Sechs verschiedene Grafiken zu sechs verschiedenen Organismengruppen.

Liniendiagramme, die die kumulative Anzahl wissenschaftlicher Veröffentlichungen im Laufe der Zeit zeigen, die sich mit der biologischen Vielfalt des Bodens oberhalb der Baumgrenze in gemäßigten und kontinentalen Bergregionen befassen. 

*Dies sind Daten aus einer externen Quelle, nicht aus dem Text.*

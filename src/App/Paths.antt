-- ===== src/App/Paths.antt =====
-- internal/app/dispatcher.go: the routes of paths.
use aisummoner.Prelude.{
  ◌≡◌, ◌≢◌, refl, ap, sym, ◌∙◌, Bool, true, false, ◌||◌, [], ◌∷◌, ◌++◌, if◌then◌else◌, arith, inl,
  inr, Bool-cases, ◌==◌, none, Option-cases,
}
use aisummoner.Prelude.Text.{codes}
use aisummoner.Store.Data.{Bytes, bytes_eq}
use aisummoner.App.Dispatcher.{
  RouteKind, route_static, route_tunnel, route_terminal, route_agent, route_health, route_browser,
  route_denied, after_prefix, has_prefix, one_segment_between, agent_session_path,
  agent_runtime_provider_path, is_terminal_path, is_agent_path, classify_path, tunnel_handler,
  handler_of,
}

bytes_eq_sound : (xs ys : Bytes) → bytes_eq xs ys ≡ true → xs ≡ ys
unfolding bytes_eq
bytes_eq_sound [] [] e = refl
bytes_eq_sound [] (y ∷ ys) e = absurd (cc e)
bytes_eq_sound (x ∷ xs) [] e = absurd (cc e)
bytes_eq_sound (x ∷ xs) (y ∷ ys) e = ground (arith, e, bytes_eq_sound xs ys)

pub classify-health_sound :
    (value : Bytes) → classify_path value ≡ route_health → value ≡ codes "/healthz"
unfolding classify_path
classify-health_sound value e = bytes_eq_sound value (codes "/healthz") (ground (arith, e))

pub classify-health : classify_path (codes "/healthz") ≡ route_health
unfolding classify_path is_terminal_path is_agent_path one_segment_between has_prefix after_prefix
    bytes_eq agent_session_path agent_runtime_provider_path
classify-health = refl

pub classify-tunnel_sound :
    (value : Bytes) → classify_path value ≡ route_tunnel → value ≡ codes "/api/v1/tunnel"
unfolding classify_path
classify-tunnel_sound value e = bytes_eq_sound value (codes "/api/v1/tunnel") (ground (arith, e))

pub tunnel_route : (k : RouteKind) → handler_of k ≡ tunnel_handler → k ≡ route_tunnel
tunnel_route route_tunnel e = refl
tunnel_route route_static e = absurd (cc e)
tunnel_route route_terminal e = absurd (cc e)
tunnel_route route_agent e = absurd (cc e)
tunnel_route route_health e = absurd (cc e)
tunnel_route route_browser e = absurd (cc e)
tunnel_route route_denied e = absurd (cc e)

pub classify-tunnel : classify_path (codes "/api/v1/tunnel") ≡ route_tunnel
unfolding classify_path bytes_eq
classify-tunnel = refl

pub classify-api_itself : classify_path (codes "/api") ≡ route_browser
unfolding classify_path is_terminal_path is_agent_path one_segment_between has_prefix after_prefix
    bytes_eq agent_session_path agent_runtime_provider_path
classify-api_itself = refl

pub classify-internal_itself : classify_path (codes "/internal") ≡ route_denied
unfolding classify_path is_terminal_path is_agent_path one_segment_between has_prefix after_prefix
    bytes_eq agent_session_path agent_runtime_provider_path
classify-internal_itself = refl

pub classify-internal : (rest : Bytes) → classify_path (codes "/internal/" ++ rest) ≡ route_denied
unfolding classify_path is_terminal_path is_agent_path one_segment_between has_prefix after_prefix
    bytes_eq agent_session_path agent_runtime_provider_path
classify-internal rest = refl

pub classify-below_health :
    (rest : Bytes) → classify_path (codes "/healthz/" ++ rest) ≡ route_denied
unfolding classify_path is_terminal_path is_agent_path one_segment_between has_prefix after_prefix
    bytes_eq agent_session_path agent_runtime_provider_path
classify-below_health rest = refl

api_prefix : (rest : Bytes) → has_prefix (codes "/api/") (codes "/api/" ++ rest) ≡ true
unfolding has_prefix after_prefix
api_prefix rest = refl

api_elsewhere :
    (rest : Bytes)
    → (bytes_eq (codes "/api/" ++ rest) (codes "/healthz") ≡ false)
      × (has_prefix (codes "/healthz/") (codes "/api/" ++ rest) ≡ false)
unfolding has_prefix after_prefix bytes_eq
api_elsewhere rest = (refl, refl)

abbrev pub IsApiRoute : RouteKind → Type 0
IsApiRoute route_static = ⊥
IsApiRoute route_tunnel = Unit {0}
IsApiRoute route_terminal = Unit {0}
IsApiRoute route_agent = Unit {0}
IsApiRoute route_health = ⊥
IsApiRoute route_browser = Unit {0}
IsApiRoute route_denied = ⊥

api_kind :
    (a b c h u v : Bool) (other : RouteKind)
    → h ≡ false
    → u ≡ false
    → v ≡ true
    → IsApiRoute (
        if a
        then route_tunnel
        else if b
        then route_terminal
        else if c
        then route_agent
        else if h
        then route_health
        else if u
        then route_denied
        else if v
        then route_browser
        else other)
api_kind true b c h u v other p q r = tt
api_kind false true c h u v other p q r = tt
api_kind false false true h u v other p q r = tt
api_kind false false false true u v other p q r = absurd (cc p)
api_kind false false false false true v other p q r = absurd (cc q)
api_kind false false false false false true other p q r = tt
api_kind false false false false false false other p q r = absurd (cc r)

pub classify-api : (rest : Bytes) → IsApiRoute (classify_path (codes "/api/" ++ rest))
unfolding classify_path
classify-api rest =
    let (health, below) = api_elsewhere rest in
    api_kind (bytes_eq (codes "/api/" ++ rest) (codes "/api/v1/tunnel"))
      (is_terminal_path (codes "/api/" ++ rest)) (is_agent_path (codes "/api/" ++ rest))
      (bytes_eq (codes "/api/" ++ rest) (codes "/healthz"))
      (has_prefix (codes "/healthz/") (codes "/api/" ++ rest))
      (bytes_eq (codes "/api/" ++ rest) (codes "/api")
        || has_prefix (codes "/api/") (codes "/api/" ++ rest))
      _ health below (ground (arith, api_prefix rest))

has_prefix-append :
    (p q value : Bytes) → has_prefix p value ≡ false → has_prefix (p ++ q) value ≡ false
unfolding has_prefix after_prefix
has_prefix-append [] q value h = absurd (cc h)
has_prefix-append (c ∷ p) q [] h = refl
has_prefix-append (c ∷ p) q (d ∷ value) h = elim (Bool-cases (c == d)) [
  | inl same ↦ rw (has_prefix, same) (has_prefix-append p q value (rw (has_prefix, same) at h))
  | inr other ↦ rw (has_prefix, other) refl
]

has_prefix-append_self : (p q : Bytes) → has_prefix p (p ++ q) ≡ true
unfolding has_prefix after_prefix
has_prefix-append_self [] q = refl
has_prefix-append_self (c ∷ p) q =
    let same : (c == c) ≡ true = ground arith in rw (has_prefix, same) (has_prefix-append_self p q)

has_prefix_split :
    (p value : Bytes) → has_prefix p value ≡ true → (rest : Bytes) × (value ≡ p ++ rest)
unfolding has_prefix after_prefix
has_prefix_split [] value h = (value, refl)
has_prefix_split (c ∷ p) [] h = absurd (cc h)
has_prefix_split (c ∷ p) (d ∷ value) h = elim (Bool-cases (c == d)) [
  | inl same ↦
      let (rest, e) = has_prefix_split p value (rw (has_prefix, same) at h) in
      let at : c ≡ d = ground (arith, same) in
      (rest, ap (λ k. k ∷ value) (sym at) ∙ ap (λ ks. c ∷ ks) e)
  | inr other ↦ absurd (cc (rw (has_prefix, other) at h))
]

-- A path that is none of these names and is below none of them.
pub record IsOutside (value : Bytes) : Type 0 where
  health : value ≢ codes "/healthz"
  api : value ≢ codes "/api"
  internal : value ≢ codes "/internal"
  below_health : (rest : Bytes) → value ≢ codes "/healthz/" ++ rest
  below_api : (rest : Bytes) → value ≢ codes "/api/" ++ rest
  below_internal : (rest : Bytes) → value ≢ codes "/internal/" ++ rest

not_below : (p value : Bytes) → ((rest : Bytes) → value ≢ p ++ rest) → has_prefix p value ≡ false
not_below p value n = elim (Bool-cases (has_prefix p value)) [
  | inl below ↦ let (rest, e) = has_prefix_split p value below in absurd (n rest e)
  | inr above ↦ above
]

not_equal : (name value : Bytes) → value ≢ name → bytes_eq value name ≡ false
not_equal name value n = elim (Bool-cases (bytes_eq value name)) [
  | inl same ↦ absurd (n (bytes_eq_sound value name same))
  | inr other ↦ other
]

-- What is not below a prefix is not a longer name either.
not_longer : (p q value : Bytes) → has_prefix p value ≡ false → bytes_eq value (p ++ q) ≡ false
not_longer p q value h =
    not_equal (p ++ q) value (λ e. absurd (cc (h, ap (has_prefix p) e, has_prefix-append_self p q)))

not_terminal :
    (value : Bytes) → has_prefix (codes "/api/") value ≡ false → is_terminal_path value ≡ false
unfolding is_terminal_path one_segment_between
not_terminal value h = rw (has_prefix-append (codes "/api/") (codes "v1/devices/") value h) refl

no_rest : (p value : Bytes) → has_prefix p value ≡ false → after_prefix p value ≡ none
unfolding has_prefix
no_rest p value h = elim (Option-cases (after_prefix p value)) [
  | inl off ↦ off
  | inr (rest, on) ↦ absurd (cc (rw (has_prefix, on) at h))
]

not_agent : (value : Bytes) → has_prefix (codes "/api/") value ≡ false → is_agent_path value ≡ false
unfolding is_agent_path one_segment_between agent_session_path agent_runtime_provider_path
not_agent value h =
    rw
      (
        has_prefix-append (codes "/api/") (codes "v1/devices/") value h,
        not_longer (codes "/api/") (codes "v1/agent-provider/deepseek") value h,
        not_longer (codes "/api/") (codes "v1/agent-provider/dsh") value h,
        not_longer (codes "/api/") (codes "v1/agent-settings") value h,
        not_longer (codes "/api/") (codes "v1/agent-sessions") value h,
        no_rest (codes "/api/v1/agent-runtimes/") value
            (has_prefix-append (codes "/api/") (codes "v1/agent-runtimes/") value h),
        no_rest (codes "/api/v1/agent-sessions/") value
            (has_prefix-append (codes "/api/") (codes "v1/agent-sessions/") value h),
        has_prefix-append (codes "/api/") (codes "v1/tool-calls/") value h,
      )
      refl

pub classify-outside : (value : Bytes) → IsOutside value → classify_path value ≡ route_static
unfolding classify_path
classify-outside value o =
    let below : has_prefix (codes "/api/") value ≡ false = not_below _ value o.below_api in
    rw
      (
        not_longer (codes "/api/") (codes "v1/tunnel") value below,
        not_terminal value below,
        not_agent value below,
        not_equal _ value o.health,
        not_below _ value o.below_health,
        not_equal _ value o.api,
        below,
        not_equal _ value o.internal,
        not_below _ value o.below_internal,
      )
      refl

Sechs verschiedene Liniendiagramme zu den unterschiedlichen Organismengruppen.

Höhenabhängige Muster

Die Veröffentlichung deckt im Übrigen nicht nur Bereiche mit dem größten Forschungsbedarf auf, sondern dokumentiert die bemerkenswerte Anpassungsfähigkeit sowie die ökologischen Funktionen von Bodenorganismen in alpinen Lebensräumen. Die Studie versucht außerdem aus dem vorhandenen Wissen höhenabhängige Diversitätsmuster und deren Einflussfaktoren und Interaktionen zu identifizieren, um Rückschlüsse auf zukünftige, durch steigende Temperaturen verursachte Änderungen zu ermöglichen.